#### [INSTRUCTIONS TO FOLLOW]
Taking the line with "abbrev pub push_front" as the first and the line with "there is one." as the last, set down exactly every line in that range from the entries below, and no more.

Entries taken from a collection:
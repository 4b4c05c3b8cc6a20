-- ===== src/Gateway/DeviceCommands.antt =====
-- The commands that the cloud has for a device: the lists of a device in
-- atlas_gateway/src/device/AtlasDevice.cpp, commands/AtlasCommandDevice.cpp, and what
-- claim_approve/AtlasApprove.cpp does with the lists.
pub mod Order
pub mod Runs
pub mod Faults
use resfit.Prelude.{
  ℕ, ◌+◌, ◌%◌, ◌≡◌, Bool, true, false, ◌||◌, not, Option, none, some, List, [], ◌∷◌, ◌++◌, length,
  ◌==◌, if◌then◌else◌, Exec, ok, ub, ◌>>=◌,
}
use resfit.Prelude.Memory.{Bytes, u16}
use resfit.Prelude.Text.{codes, str_eq}
use resfit.Gateway.Batch.{AtlasCommand, atlas_command, serialized_commands}
use resfit.Gateway.State.{AtlasCoapResponse}

-- `AtlasCommandDeviceType`
abbrev restart : ℕ
restart = 0

abbrev shutdown : ℕ
shutdown = 1

abbrev unknown : ℕ
unknown = 2

pub record AtlasCommandDevice : Type 0 where
  pub device_identity : Bytes
  pub sequence_number : ℕ
  pub command_type_cloud : Bytes
  pub command_type_device : ℕ
  pub command_payload : Bytes
  pub in_progress : Bool

abbrev pub type_device : (command_type : Bytes) → ℕ
type_device t =
    if str_eq t (codes "ATLAS_CMD_CLIENT_DEVICE_RESTART")
    then restart
    else if str_eq t (codes "ATLAS_CMD_CLIENT_DEVICE_SHUTDOWN")
    then shutdown
    else unknown

-- The constructor of a command.
abbrev pub command_device :
    (device_identity : Bytes)
    → (sequence_number : ℕ) → (command_type command_payload : Bytes) → AtlasCommandDevice
command_device id n t payload = record {
  device_identity = id;
  sequence_number = n;
  command_type_cloud = t;
  command_type_device = type_device t;
  command_payload = payload;
  in_progress = false;
}

abbrev pub device_payload : Bytes → Option Bytes
device_payload [] = none
device_payload (b ∷ bs) = some (b ∷ bs)

-- The command as it is put into a batch; its length has 16 bits.
abbrev pub device_command : AtlasCommandDevice → AtlasCommand
device_command c =
    atlas_command c.command_type_device (u16 (length c.command_payload))
      (device_payload c.command_payload)

-- The members of a device that its commands are kept in, the number of requests that libcoap has not
-- answered yet, the payloads of all requests, and the sequence numbers that the cloud was told to be
-- done.
pub record CommandQueue : Type 0 where
  pub registered : Bool
  pub recv_cmds : List AtlasCommandDevice
  pub exec_cmds : List AtlasCommandDevice
  pub device_cmd_timeouts : ℕ
  pub pending : ℕ
  pub sent : List (Option Bytes)
  pub done : List ℕ

-- `sendRequest` throws, or the request is on its way.
abbrev pub send_request :
    (sends : Bool)
    → CommandQueue
    → AtlasCommandDevice
    → List AtlasCommandDevice
    → Option Bytes
    → CommandQueue
send_request sends q c cs bytes =
    if sends
    then record q {
      recv_cmds = record c { in_progress = true } ∷ cs;
      pending = q.pending + 1;
      sent = q.sent ++ bytes ∷ [];
    }
    else q

abbrev pub push_front : (sends : Bool) → CommandQueue → List AtlasCommandDevice → Exec CommandQueue
push_front sends q [] = ok q
push_front sends q (c ∷ cs) =
    if not q.registered || c.in_progress
    then ok q
    else serialized_commands (device_command c ∷ []) >>= λ bytes.
        ok (send_request sends q c cs bytes)

-- `sends` tells whether `sendRequest` returns.
unfoldable pub push_command : (sends : Bool) → CommandQueue → Exec CommandQueue
push_command sends q = push_front sends q q.recv_cmds

-- `responseCommandDONE` reads the front of the list without a look at whether there is one.
abbrev pub response_command_done : CommandQueue → List AtlasCommandDevice → Exec CommandQueue
response_command_done q [] = ub
response_command_done q (c ∷ cs) = ok (record q { done = q.done ++ c.sequence_number ∷ [] })

-- `marked` is the answer of the database. The command is still in the list of received commands
-- when the cloud is told, which does not read that list.
abbrev pub mark_front : (marked : Bool) → CommandQueue → List AtlasCommandDevice → Exec CommandQueue
mark_front marked q [] = ok q
mark_front marked q (c ∷ cs) =
    let exec_cmds = q.exec_cmds ++ c ∷ [] in
    if marked
    then response_command_done (record q { exec_cmds = exec_cmds; recv_cmds = cs }) exec_cmds
    else ok q

unfoldable pub mark_command_as_done : (marked : Bool) → CommandQueue → Exec CommandQueue
mark_command_as_done marked q = mark_front marked q q.recv_cmds

abbrev pub idle_front : List AtlasCommandDevice → List AtlasCommandDevice
idle_front [] = []
idle_front (c ∷ cs) = record c { in_progress = false } ∷ cs

-- `ATLAS_PUSH_COMMAND_RETRY_NO`
abbrev push_command_retry_no : ℕ
push_command_retry_no = 3

abbrev pub answered : AtlasCoapResponse → (marked sends : Bool) → CommandQueue → Exec CommandQueue
answered AtlasCoapResponse.ok marked sends q =
    mark_command_as_done marked (record q { device_cmd_timeouts = 0 }) >>= push_command sends
answered AtlasCoapResponse.timeout marked sends q =
    let idle : CommandQueue = record q { recv_cmds = idle_front q.recv_cmds } in
    if q.device_cmd_timeouts == push_command_retry_no
    then ok (record idle { device_cmd_timeouts = 0 })
    else push_command sends
        (record idle { device_cmd_timeouts = (q.device_cmd_timeouts + 1) % 256 })
answered _ marked sends q =
    ok (record q { device_cmd_timeouts = 0; recv_cmds = idle_front q.recv_cmds })

abbrev pub unless_empty :
    List AtlasCommandDevice → CommandQueue → Exec CommandQueue → Exec CommandQueue
unless_empty [] q m = ok q
unless_empty (c ∷ cs) q m = m

unfoldable pub device_cmd_resp_callback :
    (resp_status : AtlasCoapResponse) → (marked sends : Bool) → CommandQueue → Exec CommandQueue
unfolding push_command mark_command_as_done
device_cmd_resp_callback resp_status marked sends q =
    unless_empty q.recv_cmds q (answered resp_status marked sends q)

-- `addRecvDeviceCommand`
abbrev pub add_recv_device_command : AtlasCommandDevice → CommandQueue → CommandQueue
add_recv_device_command c q = record q { recv_cmds = q.recv_cmds ++ c ∷ [] }

-- `handleCommandDoneAck` for the device that the cloud names; `deleted` is the answer of the
-- database.
abbrev pub ack_front :
    (number : ℕ) → (deleted : Bool) → CommandQueue → List AtlasCommandDevice → Exec CommandQueue
ack_front number deleted q [] = ok q
ack_front number deleted q (c ∷ cs) =
    if not (c.sequence_number == number) || not deleted
    then ok q
    else response_command_done (record q { exec_cmds = cs }) cs

unfoldable pub handle_command_done_ack :
    (number : ℕ) → (deleted : Bool) → CommandQueue → Exec CommandQueue
handle_command_done_ack number deleted q = ack_front number deleted q q.exec_cmds
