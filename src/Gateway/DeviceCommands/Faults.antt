-- ===== src/Gateway/DeviceCommands/Faults.antt =====
-- Where the lists of a device's commands go wrong: a single command, and a failing database.
use resfit.Prelude.{
  ℕ, ◌≡◌, refl, ap, ◌∙◌, Bool, true, false, not, ◌||◌, List, some, [], ◌∷◌, ◌++◌, arith, cond_true,
  if◌then◌else◌, ◌==◌, ok, ub, ◌>>=◌, length, ◌<◌,
}
use resfit.Command.Frame.{frame, IsFrame, encode}
use resfit.Gateway.State.{AtlasCoapResponse}
use resfit.Gateway.DeviceCommands.{
  AtlasCommandDevice, CommandQueue, push_command, push_front, device_cmd_resp_callback,
  add_recv_device_command, handle_command_done_ack, ack_front, response_command_done,
  mark_command_as_done, mark_front, unless_empty, type_device, command_device, device_payload,
  send_request,
}
use resfit.Gateway.Batch.{atlas_command, serialized_commands}
use resfit.Gateway.Batch.Writing.{serialized_commands-encode, u16_id, serialized_commands-bare}
use resfit.Prelude.Memory.{Bytes, u16}

-- The front of an empty list is read when the cloud acknowledges the only executed command.
pub handle_command_done_ack-last :
    (q : CommandQueue) (c : AtlasCommandDevice)
    → q.exec_cmds ≡ c ∷ []
    → handle_command_done_ack c.sequence_number true q ≡ ub
unfolding handle_command_done_ack
handle_command_done_ack-last q c e =
    let same : not (c.sequence_number == c.sequence_number) ≡ false = ground arith in
    ap (ack_front c.sequence_number true q) e
    ∙ ap
        (λ b.
          if b || not true then ok q else response_command_done (record q { exec_cmds = [] }) [])
        same

-- If the database does not take it that the first command, which was sent, is executed, the command
-- stays marked: the answer changes nothing but the count of timeouts, and from then on no push sends
-- anything, whether or not the device is registered and whatever commands arrive behind the first.
pub device_cmd_resp_callback-unmarked :
    (q : CommandQueue) (c : AtlasCommandDevice) (cs : List AtlasCommandDevice) (sends : Bool)
    → q.recv_cmds ≡ c ∷ cs
    → c.in_progress ≡ true
    → let r = record q { device_cmd_timeouts = 0 } in
      (device_cmd_resp_callback AtlasCoapResponse.ok false sends q ≡ ok r)
      × ((again on : Bool) (ds : List AtlasCommandDevice)
          → let later = record r { registered = on; recv_cmds = c ∷ cs ++ ds } in
            push_command again later ≡ ok later)
unfolding device_cmd_resp_callback push_command mark_command_as_done
device_cmd_resp_callback-unmarked q c cs sends e sent =
    let r : CommandQueue = record q { device_cmd_timeouts = 0 } in
    (
      ap (λ l. unless_empty l q (mark_front false r l >>= λ q'. push_front sends q' q'.recv_cmds)) e
          ∙ ap (push_front sends r) e
          ∙ cond_true {b = not q.registered || c.in_progress} _ _ (ground (arith, sent)),
      λ again on ds. cond_true {b = not on || c.in_progress} _ _ (ground (arith, sent)),
    )

type_device_fits : (t : Bytes) → type_device t < 65536
type_device_fits t = ground arith

device_command-encode :
    (c : AtlasCommandDevice) (payload : Bytes)
    → c.command_payload ≡ payload
    → IsFrame (frame c.command_type_device payload)
    → serialized_commands
        (atlas_command c.command_type_device (u16 (length payload)) (device_payload payload) ∷ [])
      ≡ ok (some (encode (frame c.command_type_device payload ∷ [])))
unfolding serialized_commands
device_command-encode c [] e fits = serialized_commands-bare c.command_type_device fits.type_fits
device_command-encode c (b ∷ bs) e fits =
    ap (λ n. serialized_commands (atlas_command c.command_type_device n (some (b ∷ bs)) ∷ []))
      (u16_id (length (b ∷ bs)) fits.value_fits)
    ∙ serialized_commands-encode (frame c.command_type_device (b ∷ bs)) [] (fits, tt)

-- The life of a single command. A registered device without commands gets one with a payload of at
-- most 65535 bytes. It is sent, the device answers that it is executed, the database takes that, and
-- the cloud is told: then the acknowledgement of the cloud runs into undefined behaviour.
pub only_command_lem :
    (q : CommandQueue) (id : Bytes) (n : ℕ) (t payload : Bytes)
    → length payload < 65536
    → let c = command_device id n t payload in
      let q₀ = record q { registered = true; recv_cmds = []; exec_cmds = [] } in
      (q₁ : CommandQueue) × (q₂ : CommandQueue) × (push_command true (add_recv_device_command c q₀)
        ≡ ok q₁)
      × (q₁.sent ≡ q.sent ++ some (encode (frame (type_device t) payload ∷ [])) ∷ [])
      × (device_cmd_resp_callback AtlasCoapResponse.ok true true q₁ ≡ ok q₂)
      × (q₂.done ≡ q.done ++ n ∷ [])
      × (handle_command_done_ack n true q₂ ≡ ub)
unfolding push_command device_cmd_resp_callback mark_command_as_done
only_command_lem q id n t payload short =
    let c : AtlasCommandDevice = command_device id n t payload in
    let q₀ : CommandQueue = record q { registered = true; recv_cmds = c ∷ []; exec_cmds = [] } in
    let bytes : Bytes = encode (frame (type_device t) payload ∷ []) in
    let q₁ : CommandQueue = send_request true q₀ c [] (some bytes) in
    let sent : AtlasCommandDevice = record c { in_progress = true } in
    let q₂ : CommandQueue = record q₁ {
      recv_cmds = [];
      exec_cmds = sent ∷ [];
      device_cmd_timeouts = 0;
      done = q.done ++ n ∷ [];
    } in
    (
      q₁,
      q₂,
      ap (λ m. m >>= λ bytes. ok (send_request true q₀ c [] bytes))
          (device_command-encode c payload refl
            (record { type_fits = type_device_fits t; value_fits = short })),
      refl,
      refl,
      refl,
      handle_command_done_ack-last q₂ sent refl,
    )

#### [OUTPUT]
abbrev pub push_front : (sends : Bool) → CommandQueue → List AtlasCommandDevice → Exec CommandQueue
push_front sends q [] = ok q
push_front sends q (c ∷ cs) =
    if not q.registered || c.in_progress
    then ok q
    else serialized_commands (device_command c ∷ []) >>= λ bytes.
        ok (send_request sends q c cs bytes)

-- `sends` tells whether `sendRequest` returns.
unfoldable pub push_command : (sends : Bool) → CommandQueue → Exec CommandQueue
push_command sends q = push_front sends q q.recv_cmds

-- `responseCommandDONE` reads the front of the list without a look at whether there is one.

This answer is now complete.